In dbt Cloud, set up dbt Cloud CI so that your Pull Request job runs when you open or update a Pull Request. This job will provide Datafold information about the changes included in the PR.

Create an Artifacts Job in dbt Cloud

The Artifacts job generates production manifest.json on a scheduled basis, giving Datafold information about the state of production. The simplest method is to set up a dbt Cloud job that executes the dbt ls command on an hourly basis.

Note: dbt ls is preferred over dbt compile as it runs faster and data diffing does not require fully compiled models to work.

Example dbt Cloud artifact job settings and successful run:

Continuous Deployment
If you are interested in continuous deployment, you can use a Merge Trigger Production Job instead of the Artifacts Job listed above.

dbt Cloud API Key

You will need either a Service Token or a User Token to connect Datafold to your dbt Cloud account.

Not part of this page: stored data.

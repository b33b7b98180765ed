-- ===== src/Http/Server/Operations.antt =====
-- What holds of a server whatever calls are made of it.
use ungula_lib_net.Base.{
  ℕ, zero, suc, ◌≤◌, ◌≡◌, false, List, [], ◌∷◌, ◌++◌, Option, arith, length, get_or, length-append,
}
use ungula_lib_net.Http.Httpd.{Method, Frame, text, ping, Httpd}
use ungula_lib_net.Http.Server.{
  max_routes, max_ws_clients, HttpServer, has_fd, remove_fd, route, set_not_found_handler,
  httpd_ws_connect, httpd_ws_disconnect, Received, not_received, close_frame, other_frame, on_frame,
  on_ws_request, on_close, start, stop, ready, enable_web_socket, ws_send_one, ws_send_down,
  ws_send_all, ws_broadcast, ws_ping,
}
use ungula_lib_net.Http.Server.Delivery.{IsDistinct, remove_fd-IsDistinct}

-- A call of the server's interface, or of the callbacks that httpd makes of it.
pub data Op (H : Type 0) : Type 0 where
  start_op : ℕ → Op H
  stop_op ready_op ping_op : Op H
  route_op : Method → List ℕ → H → Op H
  not_found_op : Option H → Op H
  enable_op broadcast_op : List ℕ → Op H
  ws_request_op : Method → Received → ℕ → Op H
  close_op : ℕ → Op H

module _ {H D : Type 0} ⦃h : Httpd D⦄ where
  unfoldable pub apply : HttpServer H D → Op H → HttpServer H D
  unfolding start stop ready route set_not_found_handler enable_web_socket ws_broadcast ws_ping
      on_ws_request on_close
  apply s (start_op port) = (start port s).0
  apply s stop_op = stop s
  apply s ready_op = ready s
  apply s ping_op = (ws_ping s).0
  apply s (route_op m path handler) = route m path handler s
  apply s (not_found_op handler) = set_not_found_handler handler s
  apply s (enable_op path) = (enable_web_socket path s).0
  apply s (broadcast_op bytes) = (ws_broadcast bytes s).0
  apply s (ws_request_op m received fd) = (on_ws_request m received fd s).0
  apply s (close_op fd) = on_close fd s

  unfoldable pub apply_all : HttpServer H D → List (Op H) → HttpServer H D
  unfolding apply
  apply_all s [] = s
  apply_all s (o ∷ os) = apply_all (apply s o) os

-- The tables are within their arrays, and no WebSocket client is listed twice.
pub record IsBounded {H D : Type 0} (s : HttpServer H D) : Type 0 where
  pub clients : length s.ws_client_fds ≤ max_ws_clients
  pub distinct : IsDistinct s.ws_client_fds
  pub routes : length s.routes ≤ max_routes

has_fd-append :
    (x y : ℕ) (xs : List ℕ)
    → has_fd x xs ≡ false
    → has_fd y xs ≡ false
    → has_fd y (x ∷ []) ≡ false
    → has_fd y (xs ++ x ∷ []) ≡ false
unfolding has_fd
has_fd-append x y [] h g e = e
has_fd-append x y (z ∷ xs) h g e = ground (arith, has_fd-append x y xs)

append-IsDistinct :
    (x : ℕ) (xs : List ℕ) → has_fd x xs ≡ false → IsDistinct xs → IsDistinct (xs ++ x ∷ [])
unfolding has_fd
append-IsDistinct x [] h d = ground arith
append-IsDistinct x (z ∷ xs) h d = ground (arith, append-IsDistinct x xs, has_fd-append x z xs)

remove_fd-length : (y : ℕ) (xs : List ℕ) → length (remove_fd y xs) ≤ length xs
unfolding remove_fd
remove_fd-length y [] = omega arith
remove_fd-length y (x ∷ xs) = ground (arith, remove_fd-length y xs)

module _ {H D : Type 0} ⦃h : Httpd D⦄ where
  disconnect-IsBounded :
      (fd : ℕ) (s : HttpServer H D) → IsBounded s → IsBounded (httpd_ws_disconnect fd s)
  unfolding httpd_ws_disconnect
  disconnect-IsBounded fd s v = record {
    clients = omega (arith, remove_fd-length fd s.ws_client_fds, v.clients);
    distinct = remove_fd-IsDistinct fd s.ws_client_fds v.distinct;
    routes = v.routes;
  }

  connect-IsBounded :
      (fd : ℕ) (s : HttpServer H D) → IsBounded s → IsBounded (httpd_ws_connect fd s)
  unfolding httpd_ws_connect
  connect-IsBounded fd s v =
      ground (arith, append-IsDistinct fd s.ws_client_fds, length-append s.ws_client_fds (fd ∷ []))

  route-IsBounded :
      (m : Method) (path : List ℕ) (handler : H) (s : HttpServer H D)
      → IsBounded s
      → IsBounded (route m path handler s)
  unfolding route
  route-IsBounded m path handler s v =
      ground
        (arith, length-append s.routes (record { method = m; path = path; handler = handler } ∷ []))

  send_one-IsBounded :
      (f : Frame) (n : ℕ) (r : HttpServer H D × ℕ) → IsBounded r.0 → IsBounded (ws_send_one f n r).0
  unfolding ws_send_one httpd_ws_disconnect
  send_one-IsBounded f n r v =
      ground (arith, disconnect-IsBounded (get_or r.0.ws_client_fds n 0) r.0 v)

  send_down-IsBounded :
      (f : Frame) (n : ℕ) (r : HttpServer H D × ℕ)
      → IsBounded r.0
      → IsBounded (ws_send_down f n r).0
  unfolding ws_send_down
  send_down-IsBounded f zero r v = v
  send_down-IsBounded f (suc n) r v =
      send_down-IsBounded f n (ws_send_one f n r) (send_one-IsBounded f n r v)

  send_all-IsBounded :
      (f : Frame) (s : HttpServer H D) → IsBounded s → IsBounded (ws_send_all f s).0
  unfolding ws_send_all
  send_all-IsBounded f s v = ground (arith, send_down-IsBounded f (length s.ws_client_fds) (s, 0) v)

  frame-IsBounded :
      (received : Received) (fd : ℕ) (s : HttpServer H D)
      → IsBounded s
      → IsBounded (on_frame received fd s).0
  unfolding on_frame
  frame-IsBounded not_received fd s v = v
  frame-IsBounded close_frame fd s v = disconnect-IsBounded fd s v
  frame-IsBounded other_frame fd s v = v

  request-IsBounded :
      (m : Method) (received : Received) (fd : ℕ) (s : HttpServer H D)
      → IsBounded s
      → IsBounded (on_ws_request m received fd s).0
  unfolding on_ws_request
  request-IsBounded m received fd s v =
      ground (arith, connect-IsBounded fd s v, frame-IsBounded received fd s v)

  apply-IsBounded : (s : HttpServer H D) (o : Op H) → IsBounded s → IsBounded (apply s o)
  unfolding apply on_close
  apply-IsBounded s (start_op port) v = ground arith
  apply-IsBounded s stop_op v = ground arith
  apply-IsBounded s ready_op v = ground arith
  apply-IsBounded s ping_op v = send_all-IsBounded ping s v
  apply-IsBounded s (route_op m path handler) v = route-IsBounded m path handler s v
  apply-IsBounded s (not_found_op handler) v = ground arith
  apply-IsBounded s (enable_op path) v = ground arith
  apply-IsBounded s (broadcast_op bytes) v = send_all-IsBounded (text bytes) s v
  apply-IsBounded s (ws_request_op m received fd) v = request-IsBounded m received fd s v
  apply-IsBounded s (close_op fd) v = ground (arith, disconnect-IsBounded fd s v)

  -- Whatever calls are made of a server, and whatever httpd answers, the route table and the client
  -- table stay within their arrays, and no client is listed twice.
  pub apply_all-IsBounded :
      (s : HttpServer H D) (os : List (Op H)) → IsBounded s → IsBounded (apply_all s os)
  unfolding apply_all
  apply_all-IsBounded s [] v = v
  apply_all-IsBounded s (o ∷ os) v = apply_all-IsBounded (apply s o) os (apply-IsBounded s o v)
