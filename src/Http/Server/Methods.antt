-- ===== src/Http/Server/Methods.antt =====
-- Which methods of a request can reach the handlers of a server.
use ungula_lib_net.Base.{
  ℕ, zero, suc, ◌≡◌, ◌≢◌, refl, sym, ◌∙◌, List, [], ◌∷◌, arith, All, get_or, Bool-cases, inl, inr,
  subst, length,
}
use ungula_lib_net.Http.Httpd.{
  Method, get, post, put, delete, Uri, Frame, text, ping, Httpd, IsHttpd, ws_handler,
}
use ungula_lib_net.Http.Server.{
  wildcard, HttpServer, Received, not_received, close_frame, other_frame, on_frame, on_ws_request,
  httpd_ws_connect, httpd_ws_disconnect, on_close, start, stop, ready, enable_web_socket,
  ws_send_one, ws_send_down, ws_send_all,
}
use ungula_lib_net.Http.Server.Operations.{
  Op, apply, apply_all, start_op, stop_op, ready_op, ping_op, route_op, not_found_op, enable_op,
  broadcast_op, ws_request_op, close_op,
}

-- No URI is registered for DELETE.
abbrev pub NoDelete : List Uri → Type 0
NoDelete us = All (λ u. u.method ≢ delete) us

get≢delete : get ≢ delete
get≢delete e = cc

post≢delete : post ≢ delete
post≢delete e = cc

put≢delete : put ≢ delete
put≢delete e = cc

module _ {D : Type 0} ⦃h : Httpd D⦄ (laws : IsHttpd h) where
  register-NoDelete :
      (u : Uri) (d : D)
      → u.method ≢ delete
      → NoDelete (laws.uris d)
      → NoDelete (laws.uris (h.register u d).0)
  register-NoDelete u d other v = elim (laws.uris-register u d) [
    | inl more ↦ subst NoDelete (sym more) (other, v)
    | inr same ↦ subst NoDelete (sym same) v
  ]

  module _ {H : Type 0} where
    send_one_uris :
        (f : Frame) (n : ℕ) (r : HttpServer H D × ℕ)
        → laws.uris (ws_send_one f n r).0.httpd ≡ laws.uris r.0.httpd
    unfolding ws_send_one
    send_one_uris f n r =
        ground (arith, laws.uris-ws_send (get_or r.0.ws_client_fds n 0) f r.0.httpd)

    send_down_uris :
        (f : Frame) (n : ℕ) (r : HttpServer H D × ℕ)
        → laws.uris (ws_send_down f n r).0.httpd ≡ laws.uris r.0.httpd
    unfolding ws_send_down
    send_down_uris f zero r = refl
    send_down_uris f (suc n) r = send_down_uris f n (ws_send_one f n r) ∙ send_one_uris f n r

    send_all_uris :
        (f : Frame) (s : HttpServer H D) → laws.uris (ws_send_all f s).0.httpd ≡ laws.uris s.httpd
    unfolding ws_send_all
    send_all_uris f s = ground (arith, send_down_uris f (length s.ws_client_fds) (s, 0))

    frame_uris :
        (received : Received) (fd : ℕ) (s : HttpServer H D)
        → laws.uris (on_frame received fd s).0.httpd ≡ laws.uris s.httpd
    unfolding on_frame httpd_ws_disconnect
    frame_uris not_received fd s = refl
    frame_uris close_frame fd s = refl
    frame_uris other_frame fd s = refl

    request_uris :
        (m : Method) (received : Received) (fd : ℕ) (s : HttpServer H D)
        → laws.uris (on_ws_request m received fd s).0.httpd ≡ laws.uris s.httpd
    unfolding on_ws_request httpd_ws_connect
    request_uris m received fd s = ground (arith, frame_uris received fd s)

    abbrev Serves : HttpServer H D → Type 0
    Serves s = NoDelete (laws.uris s.httpd)

    start-NoDelete : (port : ℕ) (s : HttpServer H D) → Serves s → Serves (start port s).0
    unfolding start
    start-NoDelete port s v = elim (Bool-cases s.running) [
      | inl on ↦ rw on v
      | inr off ↦ rw off (subst NoDelete (sym (laws.uris-start port s.httpd)) tt)
    ]

    stop-NoDelete : (s : HttpServer H D) → Serves s → Serves (stop s)
    unfolding stop
    stop-NoDelete s v = elim (Bool-cases s.running) [
      | inl on ↦ rw on (subst NoDelete (sym (laws.uris-stop s.httpd)) tt)
      | inr off ↦ rw off v
    ]

    ready-NoDelete : (s : HttpServer H D) → Serves s → Serves (ready s)
    unfolding ready
    ready-NoDelete s v = elim (Bool-cases s.running) [
      | inl on ↦
          let d1 = (h.register (wildcard get) s.httpd).0 in
          let d2 = (h.register (wildcard post) d1).0 in
          rw on (
            register-NoDelete (wildcard put) d2 put≢delete (
              register-NoDelete (wildcard post) d1 post≢delete
                (register-NoDelete (wildcard get) s.httpd get≢delete v)))
      | inr off ↦ rw off v
    ]

    enable-NoDelete :
        (path : List ℕ) (s : HttpServer H D) → Serves s → Serves (enable_web_socket path s).0
    unfolding enable_web_socket
    enable-NoDelete path s v = elim (Bool-cases s.running) [
      | inl on ↦ rw on (
          register-NoDelete (record { path = path; method = get; handler = ws_handler }) s.httpd
            get≢delete v)
      | inr off ↦ rw off v
    ]

    apply-NoDelete : (s : HttpServer H D) (o : Op H) → Serves s → Serves (apply s o)
    unfolding apply on_close httpd_ws_disconnect
    apply-NoDelete s (start_op port) v = start-NoDelete port s v
    apply-NoDelete s stop_op v = stop-NoDelete s v
    apply-NoDelete s ready_op v = ready-NoDelete s v
    apply-NoDelete s ping_op v = subst NoDelete (sym (send_all_uris ping s)) v
    apply-NoDelete s (route_op m path handler) v = ground arith
    apply-NoDelete s (not_found_op handler) v = v
    apply-NoDelete s (enable_op path) v = enable-NoDelete path s v
    apply-NoDelete s (broadcast_op bytes) v = subst NoDelete (sym (send_all_uris (text bytes) s)) v
    apply-NoDelete s (ws_request_op m received fd) v =
        subst NoDelete (sym (request_uris m received fd s)) v
    apply-NoDelete s (close_op fd) v = ground arith

    -- Whatever calls are made of a server for which no URI is registered for DELETE, none ever is: a
    -- route for DELETE can be added to the table, and no request can reach it.
    pub delete_unreachable :
        (s : HttpServer H D) (os : List (Op H))
        → NoDelete (laws.uris s.httpd)
        → NoDelete (laws.uris (apply_all s os).httpd)
    unfolding apply_all
    delete_unreachable s [] v = v
    delete_unreachable s (o ∷ os) v = delete_unreachable (apply s o) os (apply-NoDelete s o v)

  • Service Token (Recommended): Navigate to Account Settings Service Tokens + New Token

  • Add a Permission Set and select Member or Developer
  • Select All Projects, or check only the projects to use with Datafold
  • Save

  • Navigate to Your Profile API Access and copy the token.

Create a dbt Cloud Integration in the Datafold app

  • Navigate to Settings > Integrations > dbt Cloud/Core and create a new dbt Cloud integration.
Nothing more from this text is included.